2. keeps only the school that offer a bachelor's in engineering 
3. adds a new column, use `new_col_name` inside your funtion, which is the percent difference in in-state and out-of-state tuition, using the equation below

$PercentDifference = \frac{(OutOfStateTuition - InStateTuition)}{InStateTuition}$

__Note:__ The first 4 elements of the tuple, 'names_codes' consists of the names of the columns that we wish to import. The last element of the tuple (5th element) is the Code of schools that offer a bachelor's in engineering/engineering technologies. 

The __`.assign()`__ method must be used for adding the new column

Hint: Remember to reset the index! 

In [10]:
def percent_diff(fname, names_codes, new_col_name):
    #
    ###
    ### YOUR CODE HERE
    ###
    #
    return perc_diff_df

In [11]:
# Test Cell: `percent_diff_test`

p_d_df = percent_diff('../resource/lib/publicdata/mt2p1/Most-Recent-Cohorts-All-Data-Elements.csv', 
                      info_tuple, 
                      'tuition.difference')

#print(hash_pandas_object(p_d_df).sum())
assert 'tuition.difference' in p_d_df.columns, "You have not added the column, 'tuition.difference' to the dataframe"
assert hash_pandas_object(p_d_df).sum() == 3804987697303416746, "You have imported the tuition data incorrectly"

print("Percent difference values seem correct. But did you use `assign()?` Let's see...")

# Tests that you actually used `apply()` in your function:

def assign_fail():
    raise ValueError("Did you really use assign?")
    
setattr(pd.DataFrame, 'assign', assign_fail)
try:
    percent_diff('../resource/lib/publicdata/mt2p1/Most-Recent-Cohorts-All-Data-Elements.csv', info_tuple, 'tuition.difference')
except (ValueError, TypeError):
    print("You used `assign()`!")
else:
    assert False, "Are you sure you used `assign()`?"
finally:
    setattr(pd.DataFrame, 'assign', SAVE_ASSIGN)
    
display(p_d_df.head())
print("\n Passed!")


Percent difference values seem correct.

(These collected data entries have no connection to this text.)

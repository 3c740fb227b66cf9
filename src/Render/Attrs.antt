-- ===== src/Render/Attrs.antt =====
-- The allow-lists of elements and attributes.
use open_blog.Base.{
  ℕ, Bool, true, false, not, ◌&&◌, ◌||◌, ◌==◌, nat_eq, text_eq_instance, string_eq, if◌then◌else◌,
  List, [], ◌∷◌, all, Text, codes, String, elem, leb, is_lower, is_upper, is_digit, byte_len, split,
  trim_space, trim_left,
}
use open_blog.Render.Html.{External}
use open_blog.Render.Urls.{lower, safe_link_url, safe_image_url}

abbrev pub allowed_tags : List String
allowed_tags =
    "h1" ∷ "h2" ∷ "h3" ∷ "h4" ∷ "h5" ∷ "h6" ∷ "p" ∷ "br" ∷ "hr" ∷ "blockquote" ∷ "ul" ∷ "ol" ∷ "li"
    ∷ "strong" ∷ "em" ∷ "del" ∷ "s" ∷ "b" ∷ "i" ∷ "sub" ∷ "sup" ∷ "a" ∷ "img" ∷ "pre" ∷ "code"
    ∷ "span" ∷ "div" ∷ "table" ∷ "thead" ∷ "tbody" ∷ "tfoot" ∷ "tr" ∷ "th" ∷ "td" ∷ "input" ∷ []

abbrev pub dangerous_tags : List String
dangerous_tags =
    "script" ∷ "style" ∷ "iframe" ∷ "frame" ∷ "frameset" ∷ "object" ∷ "embed" ∷ "applet" ∷ "param"
    ∷ "form" ∷ "button" ∷ "select" ∷ "option" ∷ "textarea" ∷ "template" ∷ "noscript" ∷ "link"
    ∷ "meta" ∷ "base" ∷ "svg" ∷ "math" ∷ "video" ∷ "audio" ∷ "source" ∷ "track" ∷ "canvas" ∷ []

unfoldable pub is_allowed_tag : String → Bool
is_allowed_tag tag = elem tag allowed_tags

unfoldable pub is_dangerous_tag : String → Bool
is_dangerous_tag tag = elem tag dangerous_tags

-- `^[0-9]+$`.
unfoldable pub is_digits : Text → Bool
is_digits s = not (s == codes "") && all is_digit s

-- A code point of `[a-zA-Z0-9 _-]`.
abbrev pub class_char : ℕ → Bool
class_char c = is_lower c || is_upper c || is_digit c || c == b' ' || c == b'_' || c == b'-'

unfoldable pub class_ok : Text → Bool
class_ok s = not (s == codes "") && (leb (byte_len s) 256 && all class_char s)

-- The white space of `\s`.
abbrev pub regex_space : ℕ → Bool
regex_space c = c == 9 || c == 10 || c == 12 || c == 13 || c == b' '

-- A code point of `[a-zA-Z0-9 #.%+-]`.
abbrev pub style_char : ℕ → Bool
style_char c =
    is_lower c
    || is_upper c
    || is_digit c
    || c == b' '
    || c == b'#'
    || c == b'.'
    || c == b'%'
    || c == b'+'
    || c == b'-'

abbrev ends_in_space : Text → Bool
ends_in_space [] = false
ends_in_space (c ∷ []) = c == b' '
ends_in_space (c ∷ d ∷ s) = ends_in_space (d ∷ s)

-- `\s*[a-zA-Z0-9 #.%+-]+$`: where only white space is left, its last blank can be the value.
abbrev pub value_rest_ok : Text → Text → Bool
value_rest_ok s [] = ends_in_space s
value_rest_ok s (c ∷ r) = all style_char (c ∷ r)

unfoldable pub value_ok : Text → Bool
unfolding trim_left
value_ok s = value_rest_ok s (trim_left regex_space s)

-- `(:\s*…)?$`.
abbrev pub after_name : Text → Bool
after_name [] = true
after_name (c ∷ s) = c == b':' && value_ok s

abbrev pub name_char : ℕ → Bool
name_char c = is_lower c || c == b'-'

-- `^[a-z][a-z-]*\s*(:\s*[a-zA-Z0-9 #.%+-]+)?$`.
unfoldable pub matches_style : Text → Bool
unfolding trim_left
matches_style [] = false
matches_style (c ∷ s) = is_lower c && after_name (trim_left regex_space (trim_left name_char s))

-- `strings.SplitN(decl, ":", 2)[0]`.
unfoldable pub before_colon : Text → Text
before_colon [] = []
before_colon (c ∷ s) = let rest = c ∷ before_colon s in if c == b':' then [] else rest

abbrev pub style_props : List Text
style_props =
    codes "color"
    ∷ codes "background-color"
    ∷ codes "font-weight"
    ∷ codes "font-style"
    ∷ codes "text-decoration"
    ∷ codes "white-space"
    ∷ codes "user-select"
    ∷ codes "margin-right"
    ∷ codes "padding"
    ∷ codes "display"
    ∷ codes "tab-width"
    ∷ codes "border-spacing"
    ∷ codes "vertical-align"
    ∷ codes "margin"
    ∷ codes "border"
    ∷ codes "float"
    ∷ codes "clear"
    ∷ codes "text-align"
    ∷ []

unfoldable pub decl_ok : Text → Bool
unfolding trim_space before_colon matches_style value_ok
decl_ok piece =
    let decl : Text = trim_space piece in
    if decl == codes ""
    then true
    else matches_style decl && elem (trim_space (before_colon decl)) style_props

unfoldable pub safe_style : Text → Bool
unfolding split decl_ok
safe_style s =
    if s == codes "" || not (leb (byte_len s) 512) then false else all decl_ok (split b';' s)

module _ (ext : External) where
  abbrev pub a_attr : (key val : Text) → Bool
  a_attr key val = if key == codes "href" then safe_link_url ext val else key == codes "title"

  abbrev pub img_attr : (key val : Text) → Bool
  img_attr key val =
      if key == codes "src"
      then safe_image_url ext val
      else if key == codes "alt" || key == codes "title"
      then true
      else (key == codes "width" || key == codes "height") && is_digits val

  abbrev pub pre_attr : (key val : Text) → Bool
  pre_attr key val =
      if key == codes "style"
      then safe_style val
      else if key == codes "tabindex"
      then is_digits val
      else key == codes "class" && class_ok val

  abbrev pub span_attr : (key val : Text) → Bool
  span_attr key val =
      if key == codes "class" then class_ok val else key == codes "style" && safe_style val

  abbrev pub cell_attr : (key val : Text) → Bool
  cell_attr key val =
      if key == codes "align"
      then val == codes "left"
        || val == codes "center"
        || val == codes "right"
        || val == codes "justify"
        || val == codes "char"
      else if key == codes "style"
      then safe_style val
      else (key == codes "rowspan" || key == codes "colspan") && is_digits val

  abbrev pub input_attr : (key val : Text) → Bool
  input_attr key val =
      if key == codes "type"
      then val == codes "checkbox"
      else key == codes "checked" || key == codes "disabled"

  unfoldable pub lowered_attr : String → (key val : Text) → Bool
  lowered_attr tag key val =
      if tag == "a"
      then a_attr key val
      else if tag == "img"
      then img_attr key val
      else if tag == "pre"
      then pre_attr key val
      else if tag == "code" || tag == "span" || tag == "div"
      then span_attr key val
      else if tag == "li"
      then key == codes "class" && class_ok val
      else if tag == "th" || tag == "td"
      then cell_attr key val
      else tag == "input" && input_attr key val

  unfoldable pub allowed_attr : String → (key val : Text) → Bool
  unfolding lowered_attr
  allowed_attr tag key val = lowered_attr tag (lower ext key) val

But did you use `assign()?` Let's see...
You used `assign()`!


Unnamed: 0,INSTNM,CIP14BACHL,TUITIONFEE_IN,TUITIONFEE_OUT,tuition.difference
0,Alabama A & M University,1.0,9366.0,17496.0,0.868033
1,University of Alabama at Birmingham,1.0,8040.0,18368.0,1.284577
2,University of Alabama in Huntsville,1.0,9842.0,20612.0,1.09429
3,Alabama State University,1.0,9220.0,16156.0,0.752278
4,Auburn University,1.0,10696.0,28840.0,1.696335



 Passed!


#### Exercise 6 ( 2 points)

For the final product, let's make this dataframe more user-friendly.

Write a function that

1. sorts descending by the tuition difference, `tuition.difference`
2. resets the index to provide a clear "ranking" without the old index being included in the dataframe
3. renames the columns using the data dictionary 'developer-friendly name' instead of the 'VARIABLE NAME'

In [12]:
def friendlify(unsorted_df, sort_column_name, data_dictionary):
    #
    ###
    ### YOUR CODE HERE
    ###
    #
    return friendly_df

In [13]:
# Test Cell: `friendlify_test`

f_df = friendlify(p_d_df, 
                  'tuition.difference',
                  m_df)

for col_name in info_tuple[:-1]:
    assert col_name not in f_df.columns, "You have not renamed the columns"
assert hash_pandas_object(f_df).sum() == 3602324263510516280, "You have not manipulated the data correctly"
print("Passed!")

Passed!


**Fin!** You've reached the end of this problem. Don't forget to restart the kernel and run the entire notebook from top-to-bottom to make sure you did everything correctly. If that is working, try submitting this problem. (Recall that you *must* submit and pass the autograder to get credit for your work!)